Over the past six months, a progressively intricate malicious campaign has come to light, which has been surreptitiously placing info-stealing packages on open-source platforms, amassing approximately 75,000 downloads.
Analysts from Checkmarx’s Supply Chain Security team have been closely monitoring this campaign since early April, uncovering a total of 272 packages designed to pilfer sensitive data from targeted systems.
This attack has demonstrated considerable evolution since its initial identification, with the authors of these packages continually enhancing their obfuscation layers and deploying techniques to avoid detection.
The researchers note that they started observing this pattern “within the Python ecosystem beginning in early April 2023.”
For instance, one revealing aspect is the behavior of the “_init_py” file, which only activates after verifying that it is operating on a target system and not within a virtualized environment, a characteristic often indicative of a malware analysis host.

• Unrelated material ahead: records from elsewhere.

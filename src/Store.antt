-- ===== src/Store.antt =====
-- internal/store and internal/api of the backend: the grants, their exits and limits, and the
-- links between locations, as the handlers serve them. The tables are lists of rows; what
-- Postgres, `netip` and the reconciliation of the tunnels answer are parameters.
pub mod Serving
pub mod Granting
pub mod Linking
pub mod Exit
mod Tests
use beauty_awg.Base.{
  ℕ, suc, Bool, true, false, ◌&&◌, ◌||◌, not, Option, none, some, List, [], ◌∷◌, ◌++◌, Text, codes,
  ◌==◌, eqb, leb, find, filter, any, all, map, if◌then◌else◌,
}
use beauty_awg.Base.Sets
use beauty_awg.Json.{Json}
use beauty_awg.Errors.{Thrown, api_error}
use beauty_awg.Api.{
  Call, Answer, Panel, Result, ok, thrown, Rule, NodeLink, grant, revoke, link_nodes, unlink_nodes,
  list_node_links, get_grant_rules, set_grant_rules, get_grant_exit, set_grant_exit, get_layout,
  set_layout,
}

-- A row of `grants`, with its rows of `grant_rules`.
pub record Row : Type 0 where
  pub client : Text
  pub node : Text
  pub exit : Bool
  pub rules : List Rule

-- A row of `nodes`, with its rows of `node_subnets` that parse.
pub record Location : Type 0 where
  pub id : Text
  pub name : Text
  pub is_hub : Bool
  pub active : Bool
  pub subnets : List Text

pub record Database : Type 0 where
  pub clients : List Text
  pub locations : List Location
  pub rows : List Row
  pub links : List NodeLink
  pub layout : Json

-- `WHERE client_id=$1 AND node_id=$2`
abbrev pub is_row : Text → Text → Row → Bool
is_row c n r = r.client == c && r.node == n

abbrev pub has_row : List Row → Text → Text → Bool
has_row rows c n = any (is_row c n) rows

abbrev pub find_location : List Location → Text → Option Location
find_location ls id = find (λ l. l.id == id) ls

-- The foreign keys of `grants`.
abbrev pub has_keys : Database → Text → Text → Bool
has_keys db c n = Sets.includes db.clients c && any (λ l. l.id == n) db.locations

-- `COALESCE((SELECT is_hub FROM nodes WHERE id=$2), false)`
unfoldable pub is_hub_location : List Location → Text → Bool
is_hub_location ls n = elim (find_location ls n) [ none ↦ false | some l ↦ l.is_hub ]

unfoldable pub set_exit_rows : Text → Text → Bool → List Row → List Row
set_exit_rows c n exit rows = map (λ r. if is_row c n r then record r { exit = exit } else r) rows

unfoldable pub set_rules_rows : Text → Text → List Rule → List Row → List Row
set_rules_rows c n rules rows =
    map (λ r. if is_row c n r then record r { rules = rules } else r) rows

-- The row of another exit of the device.
unfoldable pub other_exit : Text → Text → List Row → Option Row
other_exit c n rows = find (λ r. r.exit && (r.client == c && not (r.node == n))) rows

location_name : List Location → Text → Text
location_name ls n = elim (find_location ls n) [ none ↦ [] | some l ↦ l.name ]

-- The ports' checks in the table, where a zero is stored as no port.
abbrev in_range : ℕ → Bool
in_range p = eqb p 0 || leb p 65535

abbrev ports_ok : Rule → Bool
ports_ok r =
    in_range r.port_from
    && (in_range r.port_to && (eqb r.port_to 0 || eqb r.port_from 0 || leb r.port_from r.port_to))

-- What is not the program's own code.
pub record Platform : Type 0 where
  -- The error of `Reconcile` on the stored data.
  pub reconcile : Database → Option Text
  -- `netip.ParsePrefix(s)` succeeds, and the cast to `cidr` does.
  pub is_prefix : Text → Bool
  pub is_cidr : Text → Bool
  pub overlaps : Text → Text → Bool
  -- What a `jsonb` column gives back of a value.
  pub jsonb : Json → Json
  -- The length of a value's text in bytes, and the error of storing it.
  pub bytes : Json → ℕ
  pub layout_error : Json → Database → Option Text
  -- `ORDER BY dest`
  pub by_dest : List Rule → List Rule
  -- The message of a violated constraint, and of an error with a cause or a quoted name.
  pub violation : Text
  pub bad_dest : Text → Text
  pub quote : Text → Text
  pub overlap_of : Text → Text → Text
  -- The other handlers.
  pub others : Panel Database

-- An error, if any, and the database after the transaction.
abbrev Done : Type 0
Done = Option Text × Database

module _ (X : Platform) where
  unfoldable pub set_grant : Text → Text → Database → Done
  set_grant c n db =
      if has_row db.rows c n
      then (none, db)
      else if has_keys db c n
      then (
        none,
        record db {
          rows = db.rows ++ (record { client = c; node = n; exit = false; rules = [] } ∷ []);
        },
      )
      else (some X.violation, db)

  unfoldable pub delete_grant : Text → Text → Database → Done
  delete_grant c n db = (none, record db { rows = filter (λ r. not (is_row c n r)) db.rows })

  -- The loop over the rules: the error of the first one that is refused.
  unfoldable pub rule_error : List Rule → Option Text
  rule_error [] = none
  rule_error (r ∷ rs) =
      if not (X.is_prefix r.dest)
      then some (X.bad_dest r.dest)
      else if X.is_cidr r.dest && ports_ok r
      then rule_error rs
      else some X.violation

  unfoldable pub set_grant_rules_of : Text → Text → List Rule → Database → Done
  unfolding rule_error set_rules_rows
  set_grant_rules_of c n rules db =
      if has_row db.rows c n
      then elim (rule_error rules) [
        | some e ↦ (some e, db)
        | none ↦ (none, record db { rows = set_rules_rows c n rules db.rows })
      ]
      else (some (codes "grant does not exist"), db)

  abbrev write_exit : Text → Text → Bool → Database → Done
  write_exit c n exit db = (none, record db { rows = set_exit_rows c n exit db.rows })

  -- The search for another exit of the device, before one is turned on.
  turn_on : Text → Text → Database → Option Row → Done
  unfolding location_name
  turn_on c n db none = write_exit c n true db
  turn_on c n db (some r) = (
    some (
        codes "this device already sends all traffic through "
        ++ (X.quote (location_name db.locations r.node)
            ++ codes " — a device can use only one internet exit at a time")),
    db,
  )

  unfoldable pub set_grant_exit_of : Text → Text → Bool → Database → Done
  unfolding turn_on
  set_grant_exit_of c n exit db =
      if not (has_row db.rows c n)
      then (some (codes "grant does not exist"), db)
      else if is_hub_location db.locations n
      then (some (codes "the internet-exit hub node is already a full-tunnel exit"), db)
      else if exit
      then turn_on c n db (other_exit c n db.rows)
      else write_exit c n false db

  -- The error of `SetNodeLink` before the insertion.
  subnets_error : List Text → List Text → Option Text
  subnets_error [] bs = none
  subnets_error (a ∷ rest) bs = elim (find (X.overlaps a) bs) [
    | none ↦ subnets_error rest bs
    | some b ↦ some (X.overlap_of a b)
  ]

  unfoldable pub active_location : List Location → Text → Option Location
  active_location ls id = find (λ l. l.id == id && l.active) ls

  ends_error : Option Location → Option Location → Option Text
  unfolding subnets_error
  ends_error (some a) (some b) =
      if a.is_hub || b.is_hub
      then some (codes "the internet-exit hub node cannot be part of a site-to-site link")
      else elim a.subnets [
        | [] ↦ some (codes "both nodes must have at least one LAN subnet")
        | s ∷ ss ↦ elim b.subnets [
          | [] ↦ some (codes "both nodes must have at least one LAN subnet")
          | t ∷ ts ↦ subnets_error (s ∷ ss) (t ∷ ts)
        ]
      ]
  ends_error a b = some (codes "both nodes must exist and be active")

  abbrev pub is_link : Text → Text → NodeLink → Bool
  is_link src dst l = l.src == src && l.dst == dst

  -- `ON CONFLICT DO NOTHING`
  insert_link : Text → Text → Database → Done
  insert_link src dst db =
      if any (is_link src dst) db.links
      then (none, db)
      else (none, record db { links = db.links ++ (record { src = src; dst = dst } ∷ []) })

  unless_error : Option Text → Text → Text → Database → Done
  unfolding insert_link
  unless_error none src dst db = insert_link src dst db
  unless_error (some e) src dst db = (some e, db)

  unfoldable pub set_node_link : Text → Text → Database → Done
  unfolding unless_error ends_error active_location
  set_node_link src dst db =
      if src == dst
      then (some (codes "a node cannot link to itself"), db)
      else unless_error
          (ends_error (active_location db.locations src) (active_location db.locations dst)) src dst
          db

  unfoldable pub delete_node_link : Text → Text → Database → Done
  delete_node_link src dst db =
      (none, record db { links = filter (λ l. not (is_link src dst l)) db.links })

Moreover, this malware exhibits the ability to capture screenshots and filch specific files from the compromised system, including those from directories such as Desktop, Pictures, Documents, Music, Videos, and Downloads.
Continuously monitoring the victim’s clipboard for cryptocurrency addresses, the malware then replaces them with the attacker’s address, effectively diverting payments to wallets under their control.
Estimations by the analysts suggest that this campaign has directly siphoned off approximately $100,000 in cryptocurrency.
This discovery serves as a stark reminder that open-source communities and developer ecosystems remain vulnerable to supply chain attacks. Threat actors routinely upload malicious packages to widely utilized repositories and version control systems, including GitHub and package registries such as PyPi and NPM.
To safeguard against such threats, users are strongly urged to exercise caution, thoroughly scrutinizing the projects and package publishers they trust, and maintaining vigilance against typosquatting package names.